The intelligence report, detailed in a New York Times story, concluded that city officials in Wuhan and in Hubei Province, where the virus first emerged, attempted to hide the information from the central Chinese government.

The findings lend credence to reports from news organisations at the time and to assessments by experts on the Chinese government's methods of operation.

US officials claim that local officials withholding information from the central government is not uncommon. They said that local officials fear reprisal from Beijing for situations that might be viewed as failures.

Donald Trump has long claimed that China attempted to cover up the early spread of the virus, and has demanded reprisal for doing so.

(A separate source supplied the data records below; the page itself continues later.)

-- ===== src/Common/Numerals.antt =====
-- How Python prints whole numbers and fixed decimals, and what reads them back.
use Prim.Native.Nat.{ℕ, zero, suc, ◌+◌, ◌-◌, ◌*◌, ◌/◌, ◌%◌, ◌<◌}
use mathlib.Core.Path.{◌≡◌, refl}
use mathlib.Core.Logic.{inl, inr}
use mathlib.Core.List.{List, [], ◌∷◌, ◌++◌}
use mathlib.Core.Bool.{true, false}
use native.Mathlib.Omega.{arith}
use ca_project.Common.Tests.{ltb, ltb→lt, if◌then◌else◌, Bool-cases}
use ca_project.Common.Lists.{length, All, All-append, length-append}
use ca_project.Common.Int.{ℤ, pos, negsuc}
use ca_project.Common.Text.{is_digit, value, fraction, span-append}

-- the digits of a number below the fuel
unfoldable pub show_digits : ℕ → ℕ → List ℕ
show_digits zero n = []
show_digits (suc fuel) n =
    let rest = show_digits fuel (n / 10) in
    if ltb n 10 then (n + 48) ∷ [] else rest ++ (n % 10 + 48) ∷ []

-- `str(n)`
unfoldable pub show_nat : ℕ → List ℕ
show_nat n = show_digits (suc n) n

-- `str(z)`
abbrev pub show_int : ℤ → List ℕ
show_int (pos n) = show_nat n
show_int (negsuc n) = 45 ∷ show_nat (suc n)

-- `f"{x:.2f}"` for an x that is n / 100
abbrev pub fixed2 : ℕ → List ℕ
fixed2 n = show_nat (n / 100) ++ 46 ∷ (n / 10 % 10 + 48) ∷ (n % 10 + 48) ∷ []

abbrev pub AreDigits : List ℕ → Type 0
AreDigits xs = All (λ c. is_digit c ≡ true) xs

digit : (n : ℕ) → n < 10 → is_digit (n + 48) ≡ true
digit n h = ground arith

show_digits-AreDigits : (fuel n : ℕ) → AreDigits (show_digits fuel n)
unfolding show_digits
show_digits-AreDigits zero n = tt
show_digits-AreDigits (suc fuel) n = elim (Bool-cases (ltb n 10)) [
  | inl small ↦ rw small (digit n (ltb→lt n 10 small), tt)
  | inr big ↦
      rw big
        (All-append _ _ _ (show_digits-AreDigits fuel (n / 10)) (digit (n % 10) (omega arith), tt))
]

pub show_nat-AreDigits : (n : ℕ) → AreDigits (show_nat n)
unfolding show_nat
show_nat-AreDigits n = show_digits-AreDigits (suc n) n

pub value-append : (acc : ℕ) (xs ys : List ℕ) → value acc (xs ++ ys) ≡ value (value acc xs) ys
unfolding value
value-append acc [] ys = refl
value-append acc (x ∷ xs) ys = value-append (acc * 10 + (x - 48)) xs ys

value-show_digits : (fuel n : ℕ) → n < fuel → value 0 (show_digits fuel n) ≡ n
unfolding show_digits value
value-show_digits zero n h = absurd (omega arith)
value-show_digits (suc fuel) n h = elim (Bool-cases (ltb n 10)) [
  | inl small ↦ rw small (omega arith)
  | inr big ↦
      rw
        (
          big,
          value-append 0 (show_digits fuel (n / 10)) ((n % 10 + 48) ∷ []),
          value-show_digits fuel (n / 10) (ground arith),
        )
        (omega arith)
]

-- Reading what is printed gives the number back.
pub value-show_nat : (n : ℕ) → value 0 (show_nat n) ≡ n
unfolding show_nat
value-show_nat n = value-show_digits (suc n) n (omega arith)

pub length-show_nat-pos : (n : ℕ) → 0 < length (show_nat n)
unfolding show_nat show_digits
length-show_nat-pos n = ground (arith, length-append (show_digits n (n / 10)) ((n % 10 + 48) ∷ []))

-- The digits of a decimal, without the point.
pub value-fixed2 :
    (n : ℕ) → value 0 (show_nat (n / 100) ++ (n / 10 % 10 + 48) ∷ (n % 10 + 48) ∷ []) ≡ n
unfolding value
value-fixed2 n =
    rw
      (
        value-append 0 (show_nat (n / 100)) ((n / 10 % 10 + 48) ∷ (n % 10 + 48) ∷ []),
        value-show_nat (n / 100),
      )
      (omega arith)

pub decimals-AreDigits : (n : ℕ) → AreDigits ((n / 10 % 10 + 48) ∷ (n % 10 + 48) ∷ [])
decimals-AreDigits n = (digit (n / 10 % 10) (omega arith), (digit (n % 10) (omega arith), tt))

-- A point and two digits are a fraction.
pub fraction-two :
    (d e c : ℕ) (cs : List ℕ)
    → AreDigits (d ∷ e ∷ [])
    → is_digit c ≡ false
    → fraction (46 ∷ d ∷ e ∷ c ∷ cs) ≡ (d ∷ e ∷ [], c ∷ cs)
unfolding fraction
fraction-two d e c cs h stop = rw (span-append is_digit (d ∷ e ∷ []) (c ∷ cs) h stop) refl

Mr Trump recently pulled the US out of the World Health Organisation after issuing an ultimatum to the organisation demanding it hold China accountable for the pandemic.

While the new report does not invalidate Mr Trump's claims, it does suggest the situation is more complex than a simple Beijing-led cover-up.

The Trump administration has attacked China over the virus since the pandemic took route in the US.

Secretary of State Mike Pompeo has accused China of sending healthcare equipment to struggling countries as an attempt at saving face, accusing them of a "Communist cover-up of that virus." He also held up a G8 summit when he demanded the gathered delegates refer to the coronavirus as the "Wuhan virus." The delegates refused to do so.

Mr Trump's attacks against China are not restricted to the virus.

The Trump administration claimed in April that China was conducting "low-yield" nuclear weapon tests underground, and US negotiators demanded that China be included in any future arms control treaties during a meeting with Russian negotiators in Vienna over the summer.

As the economic situation in the US inflamed by the coronavirus continues to worsen, some experts fear China may be positioning itself to be the world's dominant economic superpower.

Former Federal Reserve Chairman Alan Greenspan warned that the US economy has "lost its way" while China has seen success.

"China is endeavouring to wrench global hegemony from the United States," Mr Greenspan wrote in a blog post. "The resurgence of the virus in the US threatens to forestall our economic recovery. And as political tensions heat up between the world's two largest economies, the balance of power that will result is still unclear, but becoming of increasingly greater concern by the day."